◆ INFORMATION GIVEN:
+===+

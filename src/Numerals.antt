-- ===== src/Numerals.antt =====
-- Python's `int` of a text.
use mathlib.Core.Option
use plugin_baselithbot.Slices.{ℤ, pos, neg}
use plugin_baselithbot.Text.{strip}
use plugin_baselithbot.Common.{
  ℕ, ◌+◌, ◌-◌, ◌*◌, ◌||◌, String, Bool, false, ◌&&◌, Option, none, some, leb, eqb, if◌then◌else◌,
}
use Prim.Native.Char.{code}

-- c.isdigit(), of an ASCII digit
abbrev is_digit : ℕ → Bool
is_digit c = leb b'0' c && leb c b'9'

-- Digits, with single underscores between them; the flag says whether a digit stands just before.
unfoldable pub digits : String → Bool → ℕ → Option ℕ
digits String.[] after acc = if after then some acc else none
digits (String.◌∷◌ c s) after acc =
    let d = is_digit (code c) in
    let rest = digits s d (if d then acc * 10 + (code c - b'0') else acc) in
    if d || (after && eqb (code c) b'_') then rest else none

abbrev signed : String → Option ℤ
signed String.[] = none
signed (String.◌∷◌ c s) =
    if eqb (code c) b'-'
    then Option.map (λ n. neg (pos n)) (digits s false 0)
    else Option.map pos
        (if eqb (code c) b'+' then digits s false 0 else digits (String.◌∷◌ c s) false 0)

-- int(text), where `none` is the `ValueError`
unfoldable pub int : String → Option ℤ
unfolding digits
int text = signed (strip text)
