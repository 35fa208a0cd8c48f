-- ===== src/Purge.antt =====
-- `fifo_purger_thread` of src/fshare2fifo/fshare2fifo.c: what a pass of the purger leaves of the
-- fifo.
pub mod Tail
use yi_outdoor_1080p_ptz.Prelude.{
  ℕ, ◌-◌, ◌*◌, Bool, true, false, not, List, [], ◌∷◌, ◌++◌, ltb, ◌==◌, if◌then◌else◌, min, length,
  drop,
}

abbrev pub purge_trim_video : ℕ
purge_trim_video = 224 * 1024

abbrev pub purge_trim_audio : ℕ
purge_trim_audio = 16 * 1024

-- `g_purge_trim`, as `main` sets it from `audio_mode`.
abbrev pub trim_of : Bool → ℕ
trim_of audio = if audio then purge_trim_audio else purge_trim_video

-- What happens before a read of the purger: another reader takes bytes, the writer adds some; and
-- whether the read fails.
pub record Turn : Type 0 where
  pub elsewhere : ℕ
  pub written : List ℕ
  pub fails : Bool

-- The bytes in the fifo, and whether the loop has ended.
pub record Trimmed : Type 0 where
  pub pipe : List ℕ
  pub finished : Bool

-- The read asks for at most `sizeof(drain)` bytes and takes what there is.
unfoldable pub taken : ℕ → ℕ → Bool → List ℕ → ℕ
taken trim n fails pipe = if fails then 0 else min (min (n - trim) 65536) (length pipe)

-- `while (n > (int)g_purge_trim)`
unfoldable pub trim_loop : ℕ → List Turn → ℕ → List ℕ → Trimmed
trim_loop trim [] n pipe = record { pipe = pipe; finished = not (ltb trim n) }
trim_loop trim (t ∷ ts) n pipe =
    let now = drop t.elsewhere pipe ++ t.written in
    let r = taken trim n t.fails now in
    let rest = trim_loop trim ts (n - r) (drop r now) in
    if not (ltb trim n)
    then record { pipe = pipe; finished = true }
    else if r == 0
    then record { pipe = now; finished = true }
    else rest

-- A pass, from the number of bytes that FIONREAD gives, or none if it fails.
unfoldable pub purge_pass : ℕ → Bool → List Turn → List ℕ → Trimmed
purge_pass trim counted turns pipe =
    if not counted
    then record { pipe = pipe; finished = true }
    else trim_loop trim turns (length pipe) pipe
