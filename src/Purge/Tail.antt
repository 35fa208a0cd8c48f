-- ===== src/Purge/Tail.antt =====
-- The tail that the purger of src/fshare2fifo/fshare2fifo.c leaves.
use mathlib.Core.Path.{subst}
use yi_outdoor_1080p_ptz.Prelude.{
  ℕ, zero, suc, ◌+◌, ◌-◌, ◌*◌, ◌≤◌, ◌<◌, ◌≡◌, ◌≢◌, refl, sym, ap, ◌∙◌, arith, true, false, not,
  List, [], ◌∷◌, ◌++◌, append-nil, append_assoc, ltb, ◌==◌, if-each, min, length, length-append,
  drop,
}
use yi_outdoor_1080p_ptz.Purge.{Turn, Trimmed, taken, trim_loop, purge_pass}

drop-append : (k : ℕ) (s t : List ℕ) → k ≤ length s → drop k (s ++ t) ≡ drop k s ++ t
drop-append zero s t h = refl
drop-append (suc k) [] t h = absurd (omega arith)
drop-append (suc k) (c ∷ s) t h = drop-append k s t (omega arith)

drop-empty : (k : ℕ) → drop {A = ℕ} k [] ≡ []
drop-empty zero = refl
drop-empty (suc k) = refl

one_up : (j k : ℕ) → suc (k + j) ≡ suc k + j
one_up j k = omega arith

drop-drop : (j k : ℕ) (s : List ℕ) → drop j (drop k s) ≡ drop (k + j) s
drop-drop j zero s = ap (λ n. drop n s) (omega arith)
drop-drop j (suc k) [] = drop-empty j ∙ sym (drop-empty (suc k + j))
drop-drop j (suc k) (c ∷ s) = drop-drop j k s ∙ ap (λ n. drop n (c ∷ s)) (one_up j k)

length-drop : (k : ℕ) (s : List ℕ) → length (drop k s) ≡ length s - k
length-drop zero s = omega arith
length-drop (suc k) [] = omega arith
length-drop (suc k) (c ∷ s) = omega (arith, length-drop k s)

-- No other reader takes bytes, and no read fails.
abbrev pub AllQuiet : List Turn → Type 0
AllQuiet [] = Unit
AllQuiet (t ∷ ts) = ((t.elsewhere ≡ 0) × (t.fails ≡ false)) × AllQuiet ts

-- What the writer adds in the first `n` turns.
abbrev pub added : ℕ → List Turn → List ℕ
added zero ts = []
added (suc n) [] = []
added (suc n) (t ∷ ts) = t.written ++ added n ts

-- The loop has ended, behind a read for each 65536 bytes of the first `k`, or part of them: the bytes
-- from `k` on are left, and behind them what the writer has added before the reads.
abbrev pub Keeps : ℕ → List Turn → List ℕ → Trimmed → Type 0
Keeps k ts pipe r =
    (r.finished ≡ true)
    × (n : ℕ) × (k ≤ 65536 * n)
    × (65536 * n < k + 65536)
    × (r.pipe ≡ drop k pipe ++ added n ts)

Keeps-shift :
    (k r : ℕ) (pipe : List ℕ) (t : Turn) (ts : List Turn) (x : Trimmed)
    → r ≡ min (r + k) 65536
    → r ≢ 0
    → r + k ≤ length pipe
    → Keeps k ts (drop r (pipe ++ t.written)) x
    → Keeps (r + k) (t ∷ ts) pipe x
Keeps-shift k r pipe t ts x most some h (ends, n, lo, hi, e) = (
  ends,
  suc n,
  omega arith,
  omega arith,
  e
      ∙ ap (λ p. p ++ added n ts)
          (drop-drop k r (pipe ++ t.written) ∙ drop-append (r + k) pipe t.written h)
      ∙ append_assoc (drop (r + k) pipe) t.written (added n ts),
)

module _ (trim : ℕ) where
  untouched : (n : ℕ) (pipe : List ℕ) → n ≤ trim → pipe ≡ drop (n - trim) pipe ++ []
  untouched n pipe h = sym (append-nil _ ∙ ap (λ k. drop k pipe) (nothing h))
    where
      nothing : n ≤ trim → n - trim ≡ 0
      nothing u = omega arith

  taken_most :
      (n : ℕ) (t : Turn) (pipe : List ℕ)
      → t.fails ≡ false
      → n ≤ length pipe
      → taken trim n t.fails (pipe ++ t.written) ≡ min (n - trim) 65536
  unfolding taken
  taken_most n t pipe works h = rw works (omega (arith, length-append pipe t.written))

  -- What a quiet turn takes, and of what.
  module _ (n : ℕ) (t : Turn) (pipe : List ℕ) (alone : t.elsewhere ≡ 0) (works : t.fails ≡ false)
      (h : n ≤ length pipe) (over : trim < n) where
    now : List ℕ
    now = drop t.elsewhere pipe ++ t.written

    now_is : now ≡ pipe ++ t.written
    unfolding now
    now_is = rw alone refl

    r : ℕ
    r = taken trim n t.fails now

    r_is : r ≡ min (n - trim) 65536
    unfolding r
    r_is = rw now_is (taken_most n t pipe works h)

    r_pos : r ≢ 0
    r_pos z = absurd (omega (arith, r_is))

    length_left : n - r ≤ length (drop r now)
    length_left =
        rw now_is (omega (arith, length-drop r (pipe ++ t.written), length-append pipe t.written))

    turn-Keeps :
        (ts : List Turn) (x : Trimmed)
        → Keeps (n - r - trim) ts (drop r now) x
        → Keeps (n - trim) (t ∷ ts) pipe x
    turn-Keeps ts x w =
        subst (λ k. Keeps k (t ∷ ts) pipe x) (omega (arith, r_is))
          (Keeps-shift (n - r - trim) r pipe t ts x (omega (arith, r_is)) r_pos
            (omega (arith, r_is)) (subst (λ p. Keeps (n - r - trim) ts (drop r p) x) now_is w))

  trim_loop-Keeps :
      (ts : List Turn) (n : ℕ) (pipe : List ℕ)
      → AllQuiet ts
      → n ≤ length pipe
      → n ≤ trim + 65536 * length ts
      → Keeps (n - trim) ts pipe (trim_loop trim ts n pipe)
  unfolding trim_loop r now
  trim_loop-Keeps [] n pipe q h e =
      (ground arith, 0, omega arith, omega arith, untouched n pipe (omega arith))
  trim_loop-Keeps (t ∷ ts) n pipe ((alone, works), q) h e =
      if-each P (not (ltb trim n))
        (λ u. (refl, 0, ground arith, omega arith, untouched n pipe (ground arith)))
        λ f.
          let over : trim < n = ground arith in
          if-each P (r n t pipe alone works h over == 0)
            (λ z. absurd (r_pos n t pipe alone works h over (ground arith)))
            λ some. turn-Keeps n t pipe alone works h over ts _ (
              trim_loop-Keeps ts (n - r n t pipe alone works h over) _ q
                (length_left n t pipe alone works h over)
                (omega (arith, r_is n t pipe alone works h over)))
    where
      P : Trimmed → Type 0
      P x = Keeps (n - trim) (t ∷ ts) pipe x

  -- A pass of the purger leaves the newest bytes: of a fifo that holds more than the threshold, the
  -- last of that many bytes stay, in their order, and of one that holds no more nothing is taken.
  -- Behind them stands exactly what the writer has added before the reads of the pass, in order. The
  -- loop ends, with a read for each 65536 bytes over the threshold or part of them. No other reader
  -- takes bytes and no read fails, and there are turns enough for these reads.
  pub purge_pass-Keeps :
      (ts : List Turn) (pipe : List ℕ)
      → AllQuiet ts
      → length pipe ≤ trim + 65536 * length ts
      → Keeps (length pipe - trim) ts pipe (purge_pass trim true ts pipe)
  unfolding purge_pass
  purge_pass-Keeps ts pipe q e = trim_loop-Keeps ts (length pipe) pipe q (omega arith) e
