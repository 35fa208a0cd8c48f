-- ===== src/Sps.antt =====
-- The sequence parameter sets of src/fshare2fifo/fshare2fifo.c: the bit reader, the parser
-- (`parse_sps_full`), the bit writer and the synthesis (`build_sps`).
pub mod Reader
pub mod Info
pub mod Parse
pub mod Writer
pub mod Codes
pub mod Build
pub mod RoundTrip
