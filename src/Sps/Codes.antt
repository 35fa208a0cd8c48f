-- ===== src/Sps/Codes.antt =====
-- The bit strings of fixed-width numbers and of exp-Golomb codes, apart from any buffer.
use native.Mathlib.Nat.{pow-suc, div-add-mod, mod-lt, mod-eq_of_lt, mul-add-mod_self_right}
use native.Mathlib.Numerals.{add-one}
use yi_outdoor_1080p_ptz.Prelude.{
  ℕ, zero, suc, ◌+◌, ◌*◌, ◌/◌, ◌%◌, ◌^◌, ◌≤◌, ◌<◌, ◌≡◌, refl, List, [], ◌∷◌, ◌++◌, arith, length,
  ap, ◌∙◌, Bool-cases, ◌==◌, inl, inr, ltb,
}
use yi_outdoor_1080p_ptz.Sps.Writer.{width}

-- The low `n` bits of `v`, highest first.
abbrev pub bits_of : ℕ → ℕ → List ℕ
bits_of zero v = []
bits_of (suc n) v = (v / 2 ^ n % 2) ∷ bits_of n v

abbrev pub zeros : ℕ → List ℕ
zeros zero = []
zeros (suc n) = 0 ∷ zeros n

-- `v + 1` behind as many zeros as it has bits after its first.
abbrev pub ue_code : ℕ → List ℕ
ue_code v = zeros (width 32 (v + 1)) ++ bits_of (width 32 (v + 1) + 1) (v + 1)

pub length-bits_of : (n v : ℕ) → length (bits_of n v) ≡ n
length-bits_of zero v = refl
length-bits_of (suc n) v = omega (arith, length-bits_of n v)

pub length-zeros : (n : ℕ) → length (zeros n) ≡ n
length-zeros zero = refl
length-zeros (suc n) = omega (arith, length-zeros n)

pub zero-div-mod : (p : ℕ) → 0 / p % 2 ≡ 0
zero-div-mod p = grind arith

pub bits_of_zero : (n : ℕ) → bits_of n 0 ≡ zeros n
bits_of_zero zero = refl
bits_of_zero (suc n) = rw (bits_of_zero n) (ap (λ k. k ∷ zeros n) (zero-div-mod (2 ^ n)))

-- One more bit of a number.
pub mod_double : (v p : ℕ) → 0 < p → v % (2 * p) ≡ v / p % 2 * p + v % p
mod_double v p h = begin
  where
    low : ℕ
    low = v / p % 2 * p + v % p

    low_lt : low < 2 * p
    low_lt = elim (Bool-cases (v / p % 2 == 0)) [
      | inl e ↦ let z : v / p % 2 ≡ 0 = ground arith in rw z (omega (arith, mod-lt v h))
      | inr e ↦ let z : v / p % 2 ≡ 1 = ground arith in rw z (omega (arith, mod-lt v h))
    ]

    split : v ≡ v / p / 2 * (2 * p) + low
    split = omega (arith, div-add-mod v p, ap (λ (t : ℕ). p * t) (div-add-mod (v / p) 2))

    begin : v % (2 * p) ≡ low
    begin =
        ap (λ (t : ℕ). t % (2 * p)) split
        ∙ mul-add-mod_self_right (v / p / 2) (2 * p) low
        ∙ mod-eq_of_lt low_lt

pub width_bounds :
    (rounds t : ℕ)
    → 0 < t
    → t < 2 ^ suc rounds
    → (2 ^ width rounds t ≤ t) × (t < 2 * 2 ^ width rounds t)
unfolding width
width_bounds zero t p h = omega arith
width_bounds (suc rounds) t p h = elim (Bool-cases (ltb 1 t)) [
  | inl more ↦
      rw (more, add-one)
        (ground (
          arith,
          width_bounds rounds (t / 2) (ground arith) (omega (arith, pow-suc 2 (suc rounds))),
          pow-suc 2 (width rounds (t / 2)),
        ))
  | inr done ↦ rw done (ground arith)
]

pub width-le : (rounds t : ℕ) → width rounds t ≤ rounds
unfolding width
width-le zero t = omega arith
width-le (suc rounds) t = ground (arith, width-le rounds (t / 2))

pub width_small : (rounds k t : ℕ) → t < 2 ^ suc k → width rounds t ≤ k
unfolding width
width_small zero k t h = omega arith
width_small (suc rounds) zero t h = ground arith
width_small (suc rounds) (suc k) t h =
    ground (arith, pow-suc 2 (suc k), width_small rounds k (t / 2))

+===+

◆ TO DO: One inclusive range is required: first line of the data through the line containing "let d = is_digit (code c) in". Set it down exactly and output nothing else.

◆ SOLUTION TO THE EXERCISE:
filename src/Numerals.antt
-- ===== src/Numerals.antt =====
-- Python's `int` of a text.
use mathlib.Core.Option
use plugin_baselithbot.Slices.{ℤ, pos, neg}
use plugin_baselithbot.Text.{strip}
use plugin_baselithbot.Common.{
  ℕ, ◌+◌, ◌-◌, ◌*◌, ◌||◌, String, Bool, false, ◌&&◌, Option, none, some, leb, eqb, if◌then◌else◌,
}
use Prim.Native.Char.{code}

-- c.isdigit(), of an ASCII digit
abbrev is_digit : ℕ → Bool
is_digit c = leb b'0' c && leb c b'9'

-- Digits, with single underscores between them; the flag says whether a digit stands just before.
unfoldable pub digits : String → Bool → ℕ → Option ℕ
digits String.[] after acc = if after then some acc else none
digits (String.◌∷◌ c s) after acc =
    let d = is_digit (code c) in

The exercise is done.